A permanent record of every NZ website

This month, the National Library of New Zealand has taken up a seriously impressive challenge.  For the first time ever, they’re undertaking a comprehensive harvest of the New Zealand internet — that means making a permanently archived copy of every single website that falls under the .nz domain.

The 2008 Domain Harvest is part of the National Library’s National Digital Heritage Archive (NDHA) — a pioneering digital preservation programme that is being closely watched by archives and national libraries worldwide.

This effort is part of a growing recognition that the important cultural artifacts of our time are no longer finding their way into libraries.  Instead, they are languishing in increasingly obsolete formats (ever consider how difficult it is to retrieve data from a 5 1/4 floppy disk these days?) or simply vanishing in a puff of ones and zeroes.

In their introduction to the project they state that:

“The National Library of New Zealand has a legal mandate and a social responsibility to preserve New Zealand’s social and cultural history, be it in the form of books, newspapers and photographs, or of websites, blogs and YouTube videos….We will be able to look back on internet documents as we do the printed words left to us by previous generations.”

Rather than hiding from the digital era, the NDHA attempts to tackle head-on the extremely complex technical problems that are involved in preserving the contents of our computers for posterity.

It’s worth considering for a moment what a thoroughly ambitious initiative this is…consider this excerpt from the Library’s Web Harvest FAQ:

I run several large New Zealand websites in .co.nz containing literally tens of millions of pages plus unknown quantities of dynamic pages. Thousands of pages change daily and total content is several hundred gigabyte, and a lot of that is video and imagery. Do you intend to download all of the content from all of my sites?

“In principle, yes.

“In practice the internet is infinitely large, because of the large number of dynamic pages, and it is impossible to harvest everything. We will therefore have to stop harvesting at some point. Our initial target for this harvest is 100 million URLs (we may extend this to 150 million).”
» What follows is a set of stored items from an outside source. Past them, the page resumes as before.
-- ===== src/Cluster/Interceptor/Admission.antt =====
-- Whose calls reach a handler.
use tokmesh_go.Base.{
  ℕ, ◌≡◌, ◌≢◌, ◌↔◌, ◌≤◌, Bool, true, false, Option, none, some, List, [], ◌∷◌, arith, refl, ap, sym,
  Option-cases, Bool-cases, inl, inr, ◌∙◌, subst,
}
use tokmesh_go.Domain.Str.{Str, str_dec, is_empty}
use tokmesh_go.GoMap
use tokmesh_go.GoMap.{GoMap}
use tokmesh_go.Cluster.Interceptor.{
  Certificate, ConnectionState, Context, Times, Refusal, Outcome, unauthenticated, AuthInterceptor,
  Handler, tls_middleware, recovered, recovery, is_allowed, verify_certificate, check_node_id,
  check_peer, authenticate, auth, default_interceptors, update_allowed_nodes,
}

-- The certificate that the peer of a connection shows first.
abbrev pub first_certificate : Option ConnectionState → Option Certificate
first_certificate none = none
first_certificate (some tls) = elim tls.peer_certificates [ [] ↦ none | cert ∷ certs ↦ some cert ]

-- The context of a request as the HTTP server gives it to the middleware.
abbrev pub background : Context
background = record { tls_state = none }

abbrev pub within : Option ConnectionState → Context
within tls = record { tls_state = tls }

module _ {CertPool : Type 0} (verify : CertPool → Certificate → ℕ → Bool) where
  -- A certificate of a node, and not of an authority, that the pool vouches for at the time.
  abbrev pub IsTrusted : CertPool → Times → Certificate → Type 0
  IsTrusted pool t cert =
      (verify pool cert t.at_verify ≡ true)
      × (cert.not_before ≤ t.at_begin)
      × (t.at_end ≤ cert.not_after)
      × (cert.is_ca ≡ false)

  -- The name of a node that may call: where the check is strict and there is a list, it is in it.
  abbrev pub IsKnown : AuthInterceptor CertPool → Str → Type 0
  IsKnown i name =
      (is_empty name ≡ false)
      × ((m : GoMap Str Bool)
          → i.strict_node_id_check ≡ true
          → i.allowed_nodes ≡ some m
          → GoMap.get str_dec m name ≡ some true)

  -- The first certificate of the connection is trusted, and has the name of a node that may call.
  abbrev pub IsAdmitted :
      AuthInterceptor CertPool → CertPool → Times → Option ConnectionState → Type 0
  IsAdmitted i pool t tls =
      (cert : Certificate) × (first_certificate tls ≡ some cert)
      × IsTrusted pool t cert
      × IsKnown i cert.common_name

  verify_certificate-IsTrusted :
      (pool : CertPool) (t : Times) (cert : Certificate)
      → (verify_certificate verify pool t cert ≡ none) ↔ IsTrusted pool t cert
  unfolding verify_certificate
  verify_certificate-IsTrusted pool t cert = (
    λ h. (ground (arith, h), ground (arith, h), ground (arith, h), ground (arith, h)),
    λ (v, b, e, c). ground (arith, v, b, e, c),
  )

  listed :
      (nodes : Option (GoMap Str Bool)) (name : Str)
      → (is_allowed nodes name ≡ true)
        ↔ ((m : GoMap Str Bool) → nodes ≡ some m → GoMap.get str_dec m name ≡ some true)
  unfolding is_allowed
  listed none name = (λ h m e. absurd (ground (arith, e)), λ h. refl)
  listed (some l) name = (
    λ h m e. elim (Option-cases (GoMap.get str_dec l name)) [
      | inl g ↦ absurd (ground (arith, g, h))
      | inr (b, g) ↦
          let same : m ≡ l = cc in
          ap (λ n. GoMap.get str_dec n name) same ∙ g ∙ ground (arith, g, h)
    ],
    λ h. ground (arith, h l refl),
  )

  check_node_id-IsKnown :
      (i : AuthInterceptor CertPool) (name : Str)
      → (check_node_id verify i name ≡ none) ↔ IsKnown i name
  unfolding check_node_id
  check_node_id-IsKnown i name = (
    λ h. (
      ground (arith, h),
      λ m strict e. (listed i.allowed_nodes name).0 (ground (arith, h, strict)) m e,
    ),
    λ (named, known). elim (Bool-cases i.strict_node_id_check) [
      | inl strict ↦
          let yes_listed : is_allowed i.allowed_nodes name ≡ true =
            (listed i.allowed_nodes name).1 (λ m e. known m strict e) in
          ground (arith, named, strict, yes_listed)
      | inr lax ↦ ground (arith, named, lax)
    ],
  )

  check_peer-IsAdmitted :
      (i : AuthInterceptor CertPool) (pool : CertPool) (t : Times)
      → (certs : List Certificate)
      → (check_peer verify i pool t certs ≡ none)
        ↔ IsAdmitted i pool t (some (record { peer_certificates = certs }))
  unfolding check_peer
  check_peer-IsAdmitted i pool t [] =
      (λ h. absurd (ground (arith, h)), λ (cert, e, trusted, known). absurd (ground (arith, e)))
  check_peer-IsAdmitted i pool t (c ∷ l) = (
    λ h. (
      c,
      refl,
      (verify_certificate-IsTrusted pool t c).0 (ground (arith, h)),
      (check_node_id-IsKnown i c.common_name).0 (ground (arith, h)),
    ),
    λ (cert, e, trusted, known).
        let same : cert ≡ c = cc in
        let v : verify_certificate verify pool t c ≡ none =
          (verify_certificate-IsTrusted pool t c).1 (subst (IsTrusted pool t) same trusted) in
        let n : check_node_id verify i c.common_name ≡ none =
          (check_node_id-IsKnown i c.common_name).1
            (subst (λ x. IsKnown i x.common_name) same known) in
        ground (arith, v, n),
  )

  authenticate-IsAdmitted :
      (i : AuthInterceptor CertPool) (pool : CertPool) (t : Times) (ctx : Context)
      → i.client_ca_pool ≡ some pool
      → (authenticate verify i t ctx ≡ none) ↔ IsAdmitted i pool t ctx.tls_state
  unfolding authenticate
  authenticate-IsAdmitted i pool t ctx ca = elim (Option-cases ctx.tls_state) [
    | inl e ↦ (
      λ h. absurd (ground (arith, h, ca, e)),
      λ (c, f, known, trusted). absurd (ground (arith, e, f)),
    )
    | inr (tls, e) ↦ (
      λ h.
          subst (IsAdmitted i pool t) (sym e)
            ((check_peer-IsAdmitted i pool t tls.peer_certificates).0 (ground (arith, h, ca, e))),
      λ a.
          let p : check_peer verify i pool t tls.peer_certificates ≡ none =
            (check_peer-IsAdmitted i pool t tls.peer_certificates).1
              (subst (IsAdmitted i pool t) e a) in
          ground (arith, p, ca, e),
    )
  ]

  module _ {S A : Type 0} (i : AuthInterceptor CertPool) (t : Times) (next : Handler S A) where
    through_middleware :
        (tls : Option ConnectionState) (s : S)
        → ◌≡◌ {A = S × Outcome A}
            (tls_middleware (recovery (auth verify i t next)) tls background s)
            (recovery (auth verify i t next) (within tls) s)
    unfolding tls_middleware
    through_middleware none s = refl
    through_middleware (some tls) s = refl

    recovery_refused :
        (ctx : Context) (s : S) (r : Refusal)
        → authenticate verify i t ctx ≡ some r
        → ◌≡◌ {A = S × Outcome A} (recovery (auth verify i t next) ctx s) (s, unauthenticated r)
    unfolding recovery auth recovered
    recovery_refused ctx s r h = ground (arith, h)

    recovery_passed :
        (ctx : Context) (s : S)
        → authenticate verify i t ctx ≡ none
        → ◌≡◌ {A = S × Outcome A}
            (recovery (auth verify i t next) ctx s)
            ((next ctx s).0, recovered (next ctx s).1)
    unfolding recovery auth
    recovery_passed ctx s h = ground (arith, h)

    -- Behind `TLSMiddleware` and the interceptors that recover and authenticate, with a pool of
    -- authorities: a call passes if the peer shows first a certificate for which the pool vouches,
    -- in its period, of no authority and with a name, which is in the list where the check is
    -- strict and there is one; it is then what the handler makes of it, with a panic turned into
    -- an internal error. Any other call is refused as unauthenticated and leaves the state as it
    -- was. Whether a certificate is revoked is not asked, against the comment on
    -- `AuthInterceptor`.
    pub auth-IsAdmitted :
        (pool : CertPool) (tls : Option ConnectionState) (s : S)
        → i.client_ca_pool ≡ some pool
        → (IsAdmitted i pool t tls
            → ◌≡◌ {A = S × Outcome A}
                (tls_middleware (recovery (auth verify i t next)) tls background s)
                ((next (within tls) s).0, recovered (next (within tls) s).1))
          × (¬ IsAdmitted i pool t tls
              → (r : Refusal) × ◌≡◌ {A = S × Outcome A}
                  (tls_middleware (recovery (auth verify i t next)) tls background s)
                  (s, unauthenticated r))
    auth-IsAdmitted pool tls s ca =
        let iff = authenticate-IsAdmitted i pool t (within tls) ca in
        (
          λ a. through_middleware tls s ∙ recovery_passed (within tls) s (iff.1 a),
          λ out. elim (Option-cases (authenticate verify i t (within tls))) [
            | inl e ↦ absurd (out (iff.0 e))
            | inr (r, e) ↦ (r, through_middleware tls s ∙ recovery_refused (within tls) s r e)
          ],
        )

    -- After `UpdateAllowedNodes` with a list in which the name of the peer does not stand, a strict
    -- interceptor refuses the peer.
    pub unlisted_refused :
        (pool : CertPool) (tls : Option ConnectionState) (m : GoMap Str Bool)
        → i.client_ca_pool ≡ some pool
        → i.strict_node_id_check ≡ true
        → ((cert : Certificate)
            → first_certificate tls ≡ some cert
            → GoMap.get str_dec m cert.common_name ≡ none)
        → authenticate verify (update_allowed_nodes i (some m)) t (within tls) ≢ none
    unfolding update_allowed_nodes
    unlisted_refused pool tls m ca strict out e =
        let (cert, first, trusted, known) =
          (authenticate-IsAdmitted (update_allowed_nodes i (some m)) pool t (within tls) ca).0 e in
        let found = known.1 m strict refl in absurd (ground (arith, found, out cert first))

  -- The default interceptors refuse no call.
  pub default_interceptors_open :
      {S A : Type 0} (t : Times) (next : Handler S A) (ctx : Context) (s : S)
      → ◌≡◌ {A = S × Outcome A}
          (default_interceptors verify t next ctx s)
          ((next ctx s).0, recovered (next ctx s).1)
  unfolding default_interceptors recovery auth authenticate
  default_interceptors_open t next ctx s = refl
These 100 million or so websites will be copied, digitally preserved and eventually made accessible to the public as a snapshot of internet life in this year of the 21st century.

This is the only planned “whole-of-domain” harvest in the near future.  Selective harvesting, or “web curating”, will continue indefinitely using new software designed by NLNZ and the British Library.

The National Library will release an update on the progress of the 2008 web harvest at the end of this week.